Hi new to this site , joined a few of them just wondering if somebody could help me on bodybuilding/muscle building in the area of liverpool .

Personal trainer or maybe a gym they go to thanks would love to be pointed in the right direction


----------



## Milky

Have you considered using an online coach ?

it seems to be working well for some on here ( myself included )

OR

do plenty of reading and asking if questions on here and people will gladly help.

Oh and

Bonjourno.


----------



## Heath

As milky said ask questions and people will help you out 

There are great reads in the nutrition and training sections also!

Welcome.


----------



## jemma1993

thanks , have been reading up about stuff , its more the physicall side could do with like a personal trainer or maybe a training partner ?


----------



## Milky

jemma1993 said:


> thanks , have been reading up about stuff , its more the physicall side could do with like a personal trainer or maybe a training partner ?


my god dont ask for a training partner on here, the vultures will be circling... :lol:

Watch Youtube and other people in the gym, that helps...

Have you got a gym yet or looking to join one ?


----------



## jemma1993

i did used to go to total fitness untill like theres lots of creeps around ! haha vultures , it would be nice if any women for liverpool or nearby could help me haha !


----------



## Chunkee

Firstly welcome...

As for your question, there are loads of places in liverpool depending on your goals ect... Hardcore bodybuilding gyms are Bodypower (Bootle) Gym21 (kensington, owned by a former mr universe) The training Station (wavertree)

Others are Greens on the dock road or the LiverpoolOne gym which has personnel trainers (Two former olympians aswell)

There the one's i know of apart from the run of the mill lifestyles ect...


----------



## Milky

I am friends with a bikini class winner, pity your not nearer to me, she loves to help people.


----------



## jemma1993

Awww  that would be so good too ! tell her too move here haha only kidding , even if it was like just a little bit out of liverpool if u know anyone that would be help !


----------



## Chunkee

There's a new gym opened by the old marconi building on edge lane, supposed to be ok. There's a few women only gyms about (you'd have to google them to find them though) I'd recommend the LiverpoolOne gym, there's 3 women trainiers in there who are very good at what they do.


----------



## Milky

Jemma what are your goals ?

Look up Heather Schofield.


----------



## jemma1993

id like to think i can achieve a bakini class body .


----------



## Milky

jemma1993 said:


> id like to think i can achieve a bakini class body .

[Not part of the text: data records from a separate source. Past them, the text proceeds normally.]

-- ===== src/Http/Refines.antt =====
-- The routes on the tables of runs and decisions are sequences of calls of the repositories.
use mathlib.Core.Path.{subst}
use depotflux_demo.Prelude.{
  ℕ, ◌≡◌, refl, sym, ap, ◌∙◌, inl, inr, Bool, true, Option, some, List, [], ◌∷◌, ◌++◌, String,
  Result, ok, err, Bool-cases, Option-cases, Result-cases,
}
use depotflux_demo.Floats.{Floats}
use depotflux_demo.Runs.Json.{Fields}
use depotflux_demo.Runs.Status.{is_terminal}
use depotflux_demo.Runs.Row.{RunCreateRequest, RunRow, Runs, find}
use depotflux_demo.Runs.History.{create_run, cancel, perform, perform_all}
use depotflux_demo.Runs.History.Final.{terminal_run_is_final}
use depotflux_demo.Approvals.{Approvals, find_approval}
use depotflux_demo.Approvals.Binding.{
  AllBound, Step, run_call, decide, step, step_all, decisions_stay_bound,
}
use depotflux_demo.Notices.{
  Notices, NoticeCreateRequest, NoticeCall, is_replannable, replan_request, replan_key,
  create_simulated, link_candidate,
}
use depotflux_demo.Auth.{Principal, Role}
use depotflux_demo.Control.{authenticate_control_key}
use depotflux_demo.Registry.{verify}
use depotflux_demo.Http.{
  Headers, Service, Application, RouteHandler, authenticated_principal, with_principal, with_roles,
  key_accepted,
}
use depotflux_demo.Http.Lists.{
  list_notices, get_notice, list_security_events, list_dispatch_simulations,
  list_control_simulations,
}
use depotflux_demo.Http.Status.{read_controller_status, read_controller_status-StatusRead}
use depotflux_demo.Http.Routes.{
  ApiRequest, Fresh, DispatchCreateRequest, drill_request, list_inputs_request, run_request,
  drill_run_request, read_run_request, read_result_request, read_approval_request, timeline_request,
  run_notice_request, run_page_request, approval_request, notice_request, dispatch_request,
  safe_state_request, simulation_request, cancel_request, notice_page_request, event_page_request,
  read_notice_request, attempt_page_request, run_simulations_request, status_request, serve,
  serve_all, list_demo_inputs, get_run, get_run_result, read_approval, get_timeline, get_run_notice,
  list_run_page, post_run, create_failure_drill, post_approval, simulate_notice, post_cancel,
  with_evidence, create_dispatch_simulation, activate_emergency_safe_state,
  create_control_simulation,
}
use depotflux_demo.Http.Confined.{with_roles_lem, with_principal-keeps}

module _ ⦃F : Floats⦄ {S : Type 0} (app : Application S)
    (digest : Fields F.Float → Option String) where
  abbrev tables : Service S → Runs F.Float × Approvals
  tables s = (s.runs, s.approvals)

  -- The tables of runs and decisions of `s'` are those of `s` behind some calls of the repositories.
  abbrev pub IsSteps : Service S → Service S → Type 0
  IsSteps s s' =
      (calls : List (Step F.Float)) × (step_all app.fingerprint digest calls (tables s) ≡ tables s')

  created_runs :
      (later : Notices → Notices) (request : NoticeCreateRequest) (call : NoticeCall)
      (baseline : RunRow F.Float) (notices : Notices)
      (r : Result _ (RunRow F.Float × Bool) × Runs F.Float)
      → (link_candidate app.text_length later request call baseline notices r).1.0 ≡ r.1
  unfolding link_candidate
  created_runs later request call baseline notices (ok (candidate, created), runs) = refl
  created_runs later request call baseline notices (err e, runs) = refl

  create_simulated-steps :
      (request : NoticeCreateRequest) (call : NoticeCall) (approvals : Approvals)
      (runs : Runs F.Float) (notices : Notices)
      → (calls : List (Step F.Float)) × (step_all app.fingerprint digest calls (runs, approvals) ≡ (
        (create_simulated app.text_length app.fingerprint
            (λ r. r)
            (λ n. n)
            request
            call
            approvals
            runs
            notices).1.0,
        approvals,
      ))
  unfolding perform create_simulated
  create_simulated-steps request call approvals runs notices =
      elim (Option-cases (find request.baseline_run_id runs)) [
        | inl e ↦ ([], rw (create_simulated, e) refl)
        | inr (baseline, e) ↦
            elim (Bool-cases (is_replannable baseline (find_approval baseline.id approvals))) [
              | inr unfit ↦ ([], rw (create_simulated, e, unfit) refl)
              | inl fit ↦ (
                run_call (
                      create_run (replan_request baseline request.scenario) call.created_by
                        (replan_key call.idempotency_key) call.new_run_id call.run_created_at)
                    ∷ [],
                rw (create_simulated, e, fit)
                    (ap (λ r. (r, approvals))
                      (sym (created_runs (λ n. n) request call baseline notices _))),
              )
            ]
      ]

  -- Each handler that writes.
  post_run-IsSteps :
      (request : RunCreateRequest) (key : Option String) (fresh : Fresh) (principal : Principal)
      (s : Service S)
      → IsSteps s (post_run app request key fresh principal s).1
  unfolding post_run perform
  post_run-IsSteps request key fresh principal s =
      elim (Result-cases
        (verify app.files app.entries request.input_reference request.input_sha256)) [
          | inr (error, e) ↦ ([], rw (post_run, e) refl)
          | inl (entry, e) ↦ (
            run_call (create_run request principal.subject key fresh.id fresh.now) ∷ [],
            rw (post_run, e) refl,
          )
        ]

  with_evidence-tables :
      (s : Service S) (r : _ × (_ × S)) → tables (with_evidence app s r).1 ≡ tables s
  unfolding with_evidence
  with_evidence-tables s (outcome, (evidence, site)) = refl

  dispatch-tables :
      (run_id : ℕ) (request : DispatchCreateRequest) (key : Option String) (fresh : Fresh)
      (principal : Principal) (s : Service S)
      → tables (create_dispatch_simulation app run_id request key fresh principal s).1 ≡ tables s
  unfolding create_dispatch_simulation
  dispatch-tables run_id request key fresh principal s =
      elim (Option-cases (key_accepted app.texts.is_ascii key app.control_api_key)) [
        | inl e ↦ rw (create_dispatch_simulation, e) refl
        | inr (accepted, e) ↦ rw (create_dispatch_simulation, e) (with_evidence-tables s _)
      ]

  emergency-tables :
      (reason : String) (key : Option String) (fresh : Fresh) (principal : Principal)
      (s : Service S)
      → tables (activate_emergency_safe_state app reason key fresh principal s).1 ≡ tables s
  unfolding activate_emergency_safe_state
  emergency-tables reason key fresh principal s =
      elim (Option-cases (key_accepted app.texts.is_ascii key app.emergency_api_key)) [
        | inl e ↦ rw (activate_emergency_safe_state, e) refl
        | inr (accepted, e) ↦ rw (activate_emergency_safe_state, e) (with_evidence-tables s _)
      ]

  simulation-tables :
      (run_id interval_index : ℕ) (key : Option String) (fresh : Fresh) (principal : Principal)
      (s : Service S)
      → tables (create_control_simulation app run_id interval_index key fresh principal s).1
        ≡ tables s
  unfolding create_control_simulation
  simulation-tables run_id interval_index key fresh principal s =
      elim (Option-cases (key_accepted app.texts.is_ascii key app.control_api_key)) [
        | inl e ↦ rw (create_control_simulation, e) refl
        | inr (accepted, e) ↦
            elim (Result-cases (authenticate_control_key key app.control_api_key)) [
              | inr (error, e') ↦ rw (create_control_simulation, e, e') refl
              | inl (_, e') ↦ rw (create_control_simulation, e, e') refl
            ]
      ]

  reads :
      (h : Headers) (handler : RouteHandler app) (s : Service S)
      → ((principal : Principal) → (handler principal s).1 ≡ s)
      → IsSteps s (with_principal app h handler s).1
  reads h handler s keeps = ([], ap tables (sym (with_principal-keeps app h handler s keeps)))

  writes :
      (h : Headers) (roles : List Role) (handler : RouteHandler app) (s : Service S)
      → ((principal : Principal) → IsSteps s (handler principal s).1)
      → IsSteps s (with_roles app h roles handler s).1
  writes h roles handler s handled =
      with_roles_lem app (λ r. IsSteps s r.1) h roles handler s (λ a. ([], refl))
        (λ actor. handled actor.principal)

  status-IsSteps :
      (h : Headers) (key : Option String) (s : Service S)
      → IsSteps s (with_principal app h (λ _. read_controller_status app key) s).1
  unfolding with_principal
  status-IsSteps h key s = elim (Result-cases (authenticated_principal app h)) [
    | inr (error, e) ↦ rw (with_principal, e) ([], refl)
    | inl (principal, e) ↦
        rw (with_principal, e)
          (elim (read_controller_status-StatusRead app key s) [
            | inl same ↦ ([], ap tables (sym same))
            | inr reading ↦ ([], ap tables (sym reading.left))
          ])
  ]

  -- One request is some calls of the repositories.
  serve-IsSteps :
      (h : Headers) (request : ApiRequest) (fresh : Fresh) (s : Service S)
      → IsSteps s (serve app h request fresh s).1
  unfolding serve create_failure_drill list_notices get_notice list_security_events
      list_dispatch_simulations list_control_simulations list_demo_inputs get_run get_run_result
      read_approval get_timeline get_run_notice list_run_page post_approval simulate_notice
      post_cancel perform
  serve-IsSteps h list_inputs_request fresh s = reads h _ s (λ _. refl)
  serve-IsSteps h (run_request request key) fresh s =
      writes h _ _ s (λ p. post_run-IsSteps request key fresh p s)
  serve-IsSteps h (drill_run_request reference sha256 drill key) fresh s =
      writes h _ _ s (λ p. post_run-IsSteps (drill_request reference sha256 drill) key fresh p s)
  serve-IsSteps h (read_run_request run_id) fresh s = reads h _ s (λ _. refl)
  serve-IsSteps h (read_result_request run_id) fresh s = reads h _ s (λ _. refl)
  serve-IsSteps h (read_approval_request run_id) fresh s = reads h _ s (λ _. refl)
  serve-IsSteps h (timeline_request run_id) fresh s = reads h _ s (λ _. refl)
  serve-IsSteps h (run_notice_request run_id) fresh s = reads h _ s (λ _. refl)
  serve-IsSteps h (run_page_request limit offset) fresh s = reads h _ s (λ _. refl)
  serve-IsSteps h (approval_request run_id request) fresh s =
      writes h _ _ s (λ p. (decide run_id request p.subject fresh.id fresh.now ∷ [], refl))
  serve-IsSteps h (notice_request request key) fresh s =
      writes h _ _ s (λ p. create_simulated-steps request _ s.approvals s.runs s.notices)
  serve-IsSteps h (dispatch_request run_id request key) fresh s =
      writes h _ _ s (λ p. ([], sym (dispatch-tables run_id request key fresh p s)))
  serve-IsSteps h (safe_state_request reason key) fresh s =
      writes h _ _ s (λ p. ([], sym (emergency-tables reason key fresh p s)))
  serve-IsSteps h (simulation_request run_id interval_index key) fresh s =
      writes h _ _ s (λ p. ([], sym (simulation-tables run_id interval_index key fresh p s)))
  serve-IsSteps h (cancel_request run_id) fresh s =
      writes h _ _ s (λ p. (run_call (cancel run_id fresh.now) ∷ [], refl))
  serve-IsSteps h (notice_page_request limit offset) fresh s = reads h _ s (λ _. refl)
  serve-IsSteps h (event_page_request limit offset) fresh s = reads h _ s (λ _. refl)
  serve-IsSteps h (read_notice_request notice_id) fresh s = reads h _ s (λ _. refl)
  serve-IsSteps h (attempt_page_request run_id key limit offset) fresh s = reads h _ s (λ _. refl)
  serve-IsSteps h (run_simulations_request run_id key) fresh s = reads h _ s (λ _. refl)
  serve-IsSteps h (status_request key) fresh s = status-IsSteps h key s

  step_all-append :
      (calls more : List (Step F.Float)) (t : Runs F.Float × Approvals)
      → step_all app.fingerprint digest (calls ++ more) t
        ≡ step_all app.fingerprint digest more (step_all app.fingerprint digest calls t)
  step_all-append [] more t = refl
  step_all-append (call ∷ calls) more t =
      step_all-append calls more (step app.fingerprint digest call t)

  -- Whatever requests are served one after the other, the tables of runs and decisions are
  -- those that some sequence of calls of the two repositories leaves.
  pub serve_all-IsSteps :
      (requests : List (Headers × ApiRequest × Fresh)) (s : Service S)
      → IsSteps s (serve_all app requests s)
  unfolding serve_all
  serve_all-IsSteps [] s = ([], refl)
  serve_all-IsSteps ((h, request, fresh) ∷ rest) s =
      let (calls, e) = serve-IsSteps h request fresh s in
      let (more, e') = serve_all-IsSteps rest (serve app h request fresh s).1 in
      (
        calls ++ more,
        step_all-append calls more (tables s) ∙ ap (step_all app.fingerprint digest more) e ∙ e',
      )

  -- If every decision of the service belongs to a run that succeeded, passed its validation and
  -- has the result hash of the decision, this is still so after any sequence of requests.
  pub serve_all-AllBound :
      (requests : List (Headers × ApiRequest × Fresh)) (s : Service S)
      → AllBound s.runs s.approvals
      → AllBound (serve_all app requests s).runs (serve_all app requests s).approvals
  serve_all-AllBound requests s bound =
      let (calls, e) = serve_all-IsSteps requests s in
      subst (λ t. AllBound t.0 t.1) e
        (decisions_stay_bound app.fingerprint digest calls (tables s) bound)

  finished_stays :
      (calls : List (Step F.Float)) (t : Runs F.Float × Approvals) (run_id : ℕ)
      (row : RunRow F.Float)
      → find run_id t.0 ≡ some row
      → is_terminal row.status ≡ true
      → find run_id (step_all app.fingerprint digest calls t).0 ≡ some row
  unfolding perform_all
  finished_stays [] t run_id row e h = e
  finished_stays (run_call call ∷ calls) t run_id row e h =
      finished_stays calls (step app.fingerprint digest (run_call call) t) run_id row
        (terminal_run_is_final app.fingerprint digest (call ∷ []) t.0 run_id row e h) h
  finished_stays (decide run_id' request decided_by new_id now ∷ calls) t run_id row e h =
      finished_stays calls
        (step app.fingerprint digest (decide run_id' request decided_by new_id now) t) run_id row e
        h

  -- A run of the service that has reached a terminal state is still there after any sequence of
  -- requests, unchanged in every column.
  pub serve_all-terminal_run :
      (requests : List (Headers × ApiRequest × Fresh)) (s : Service S) (run_id : ℕ)
      (row : RunRow F.Float)
      → find run_id s.runs ≡ some row
      → is_terminal row.status ≡ true
      → find run_id (serve_all app requests s).runs ≡ some row
  serve_all-terminal_run requests s run_id row e h =
      let (calls, e') = serve_all-IsSteps requests s in
      subst (λ t. find run_id t.0 ≡ some row) e' (finished_stays calls (tables s) run_id row e h)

Well if you think you can then you can.

Honestly look up training routines on Youtube for the females etc, you will pick loads up, read plenty and eat ad train right.


----------



## jemma1993

thanks very much for your help


----------



## Milky




----------



## Milky

Also check out Keeks on here, she has a great journal going..


----------



## Irish Beast

Body power on vauxhall road is meant to be one of the best along with gym 21. What part of liverpool are you in


----------



## jemma1993

From litherland , not sure you know we're that is but ...


----------



## ClareAnne

Welcome! I would love a training partner, but I'm a little too far away for it to be a success as I live in Chester. But as the guys have all said here, have a good read and ask questions, there are plenty of really knowledgable people here that can help you achieve your goals! : )


----------



## jemma1993

I would gladly travel to Chester it's only over the water I used to work in the wirral wouldn't bother me would be really good . What kind of stuff are you into in


----------



## jemma1993

ClareAnne said:


> Welcome! I would love a training partner, but I'm a little too far away for it to be a success as I live in Chester. But as the guys have all said here, have a good read and ask questions, there are plenty of really knowledgable people here that can help you achieve your goals! : )

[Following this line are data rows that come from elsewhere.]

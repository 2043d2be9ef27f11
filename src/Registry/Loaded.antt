-- ===== src/Registry/Loaded.antt =====
-- What a loaded input is.
use text.Mathlib.Text.{◌==◌ as str_eq}
use text.Mathlib.TextEquality.{eq_iff}
use mathlib.Core.Path.{subst}
use depotflux_demo.Prelude.{
  ◌≡◌, sym, ap, ◌∙◌, ◌⊎◌, inl, inr, true, Option, none, some, List, [], ◌∷◌, String, ok, Bool-cases,
  Option-cases, Result-cases, arith,
}
use depotflux_demo.Runs.Json.{dict, Fields}
use depotflux_demo.Registry.{
  Parsed, parsed_json, unreadable, undecodable, Descriptor, InputFiles, find_descriptor, descriptor,
  path_for, check_bytes, verify, payload_at, load,
}

abbrev IsEntry : Descriptor → List Descriptor → Type 0
IsEntry d [] = ⊥
IsEntry d (other ∷ others) = (other ≡ d) ⊎ IsEntry d others

find_descriptor_lem :
    (reference : String) (entries : List Descriptor) (d : Descriptor)
    → find_descriptor reference entries ≡ some d
    → IsEntry d entries × (d.reference ≡ reference)
unfolding find_descriptor
find_descriptor_lem reference [] d e = absurd (ground (arith, e))
find_descriptor_lem reference (other ∷ others) d e =
    elim (Bool-cases (str_eq other.reference reference)) [
      | inl here ↦
          let same : other ≡ d = ground (arith, e, here) in
          (inl same, sym (ap (λ x. x.reference) same) ∙ (eq_iff other.reference reference).0 here)
      | inr elsewhere ↦
          let (member, named) =
            find_descriptor_lem reference others d (ground (arith, e, elsewhere)) in
          (inr member, named)
    ]

module _ {A : Type 0} where
  path_for_lem :
      (files : InputFiles A) (d : Descriptor) (path : files.FilePath)
      → path_for files d ≡ ok path
      → (path ≡ files.resolve d.filename)
        × (files.is_below_root (files.resolve d.filename) ≡ true)
        × (files.is_file (files.resolve d.filename) ≡ true)
  unfolding path_for
  path_for_lem files d path e = elim (Bool-cases (files.is_below_root (files.resolve d.filename))) [
    | inr outside ↦ absurd (ground (arith, e, outside))
    | inl below ↦ elim (Bool-cases (files.is_file (files.resolve d.filename))) [
      | inr missing ↦ absurd (ground (arith, e, below, missing))
      | inl there ↦ (ground (arith, e, below, there), below, there)
    ]
  ]

  check_bytes_lem :
      (files : InputFiles A) (d entry : Descriptor) (actual : Option String)
      → check_bytes files d actual ≡ ok entry
      → (entry ≡ d) × (actual ≡ some d.sha256)
  unfolding check_bytes
  check_bytes_lem files d entry none e = absurd (ground (arith, e))
  check_bytes_lem files d entry (some actual) e = elim (Bool-cases (str_eq actual d.sha256)) [
    | inr differ ↦ absurd (ground (arith, e, differ))
    | inl same ↦ (ground (arith, e, same), ap some ((eq_iff actual d.sha256).0 same))
  ]

  -- What verify has shown of the entry that it returns.
  pub record IsVerified (files : InputFiles A) (entries : List Descriptor)
      (reference expected_sha256 : String) (entry : Descriptor) : Type 0 where
    pub is_entry : IsEntry entry entries
    pub is_named : entry.reference ≡ reference
    pub same_hash : entry.sha256 ≡ expected_sha256
    pub below_root : files.is_below_root (files.resolve entry.filename) ≡ true
    pub is_file : files.is_file (files.resolve entry.filename) ≡ true
    pub bytes_match : files.digest_at (files.resolve entry.filename) ≡ some expected_sha256

  pub verify-IsVerified :
      (files : InputFiles A) (entries : List Descriptor) (reference expected_sha256 : String)
      (entry : Descriptor)
      → verify files entries reference expected_sha256 ≡ ok entry
      → IsVerified files entries reference expected_sha256 entry
  unfolding verify descriptor
  verify-IsVerified files entries reference expected entry e =
      elim (Option-cases (find_descriptor reference entries)) [
        | inl unknown ↦ absurd (ground (arith, e, unknown))
        | inr (d, known) ↦ elim (Bool-cases (str_eq d.sha256 expected)) [
          | inr differ ↦ absurd (ground (arith, e, known, differ))
          | inl same ↦ elim (Result-cases (path_for files d)) [
            | inr (error, refused) ↦ absurd (ground (arith, e, known, same, refused))
            | inl (path, found) ↦
                from_entry d path known ((eq_iff d.sha256 expected).0 same) found (
                  check_bytes_lem files d entry (files.digest_at path)
                    (ground (arith, e, known, same, found)))
          ]
        ]
      ]
    where
      from_entry :
          (d : Descriptor) (path : files.FilePath)
          → find_descriptor reference entries ≡ some d
          → d.sha256 ≡ expected
          → path_for files d ≡ ok path
          → (entry ≡ d) × (files.digest_at path ≡ some d.sha256)
          → IsVerified files entries reference expected entry
      from_entry d path known same found (is_d, digest) =
          let (member, named) = find_descriptor_lem reference entries d known in
          let (at_path, below, there) = path_for_lem files d path found in
          subst (λ x. IsVerified files entries reference expected x) (sym is_d)
            (record {
              is_entry = member;
              is_named = named;
              same_hash = same;
              below_root = below;
              is_file = there;
              bytes_match = ap files.digest_at (sym at_path) ∙ digest ∙ ap some same;
            })

  -- What a returned input has shown.
  pub record IsLoaded (before after : InputFiles A) (entries : List Descriptor)
      (reference expected_sha256 : String) (payload : Fields A) : Type 0 where
    pub entry : Descriptor
    pub verified : IsVerified before entries reference expected_sha256 entry
    pub still_below_root : after.is_below_root (after.resolve entry.filename) ≡ true
    pub parsed : after.json_at (after.resolve entry.filename) ≡ parsed_json (dict payload)

  payload_at_lem :
      (value : Parsed A) (payload : Fields A)
      → payload_at value ≡ ok payload
      → value ≡ parsed_json (dict payload)
  unfolding payload_at
  payload_at_lem unreadable payload e = absurd (ground (arith, e))
  payload_at_lem undecodable payload e = absurd (ground (arith, e))
  payload_at_lem (parsed_json value) payload e = ground (arith, e)

  -- An input is returned by load only for an entry of the registry with the reference and with the
  -- expected hash, whose file is below the root and whose bytes have this hash where they are
  -- read first; it is the JSON object of the text of the same file name where it is read again.
  pub load-IsLoaded :
      (before after : InputFiles A) (entries : List Descriptor) (reference expected_sha256 : String)
      (payload : Fields A)
      → load before after entries reference expected_sha256 ≡ ok payload
      → IsLoaded before after entries reference expected_sha256 payload
  unfolding load payload_at
  load-IsLoaded before after entries reference expected payload e =
      elim (Result-cases (verify before entries reference expected)) [
        | inr (error, refused) ↦ absurd (ground (arith, e, refused))
        | inl (entry, verified) ↦
            let shown = verify-IsVerified before entries reference expected entry verified in
            elim (Result-cases (path_for after entry)) [
              | inr (error, refused) ↦ absurd (ground (arith, e, verified, refused))
              | inl (path, found) ↦
                  let (at_path, below, there) = path_for_lem after entry path found in
                  record {
                    entry = entry;
                    verified = shown;
                    still_below_root = below;
                    parsed =
                        ap after.json_at (sym at_path)
                        ∙ payload_at_lem (after.json_at path) payload
                            (ground (arith, e, verified, found));
                  }
            ]
      ]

We're abouts in Chester , I would happly travel


----------



## ClareAnne

I am a member of total fitness currently.

I train two days on - first day I train back, tricep and chest

second day I train legs, bicep and shoulders

Third day I rest. I am currently doing interval training and fasted cardio also as trying to lose some of my body fat. But I weight train mainly, lifting heavy as possible. I am no pro though I will admit, I am looking at starting my journal soon so can get some help from the girls and guys on here.

What I would suggest is take a good read on here, then decide what your goals are, what you want to achieve and then let me know, if I can help you then I will, just give me a pm anytime! : )


----------



## Irish Beast

Actually the vauxhall road one might not be called bodypower.

I train at the adelphi in town. Nothing special but it does the job and I'd chesp


----------



## jemma1993

Ahh right didn't know there was a gym lived here all my life and I actually thought that was just a hotel , do you live in liverpool or ?


----------



## zack amin

theres quite a few girls on here with logs if you look up keeks, vanillaface, kaywoodham, erm i cant remeber the names of the rest but theres plenty who get plenty of help on here so if you search about youll get alot of help, and welcome


----------



## Dirk McQuickly

Welcome Jemma. Good luck. I'm from Walton originally. Not too far from you.


----------



## Irish Beast

Yeah I've been here 12 years.

There's a rumour doing the rounds that the old lewis building opposite the adelphi is gonna be gym.

Ask the adelphi for a trial day. It's not an amazing gym but is cheap and has a pool, sauna etc


----------



## jemma1993

chilli said:


> Welcome Jemma. Good luck. I'm from Walton originally. Not too far from you.


You Not from round here now ? Thanks guys for the help x


----------



## jemma1993

Ahhh right that's crazy it's hard to park round town canter though , I've herd that rumour doubt it thought because they have the next gen gym over the road


----------



## Dirk McQuickly

jemma1993 said:


> You Not from round here now ? Thanks guys for the help x


No. It's a while since I lived there.


----------



## Chunkee

chilli said:


> Welcome Jemma. Good luck. I'm from Walton originally. Not too far from you.


Where about in walton chilli? I grew up there...


----------



## Dirk McQuickly

Chunkee said:


> Where about in walton chilli? I grew up there...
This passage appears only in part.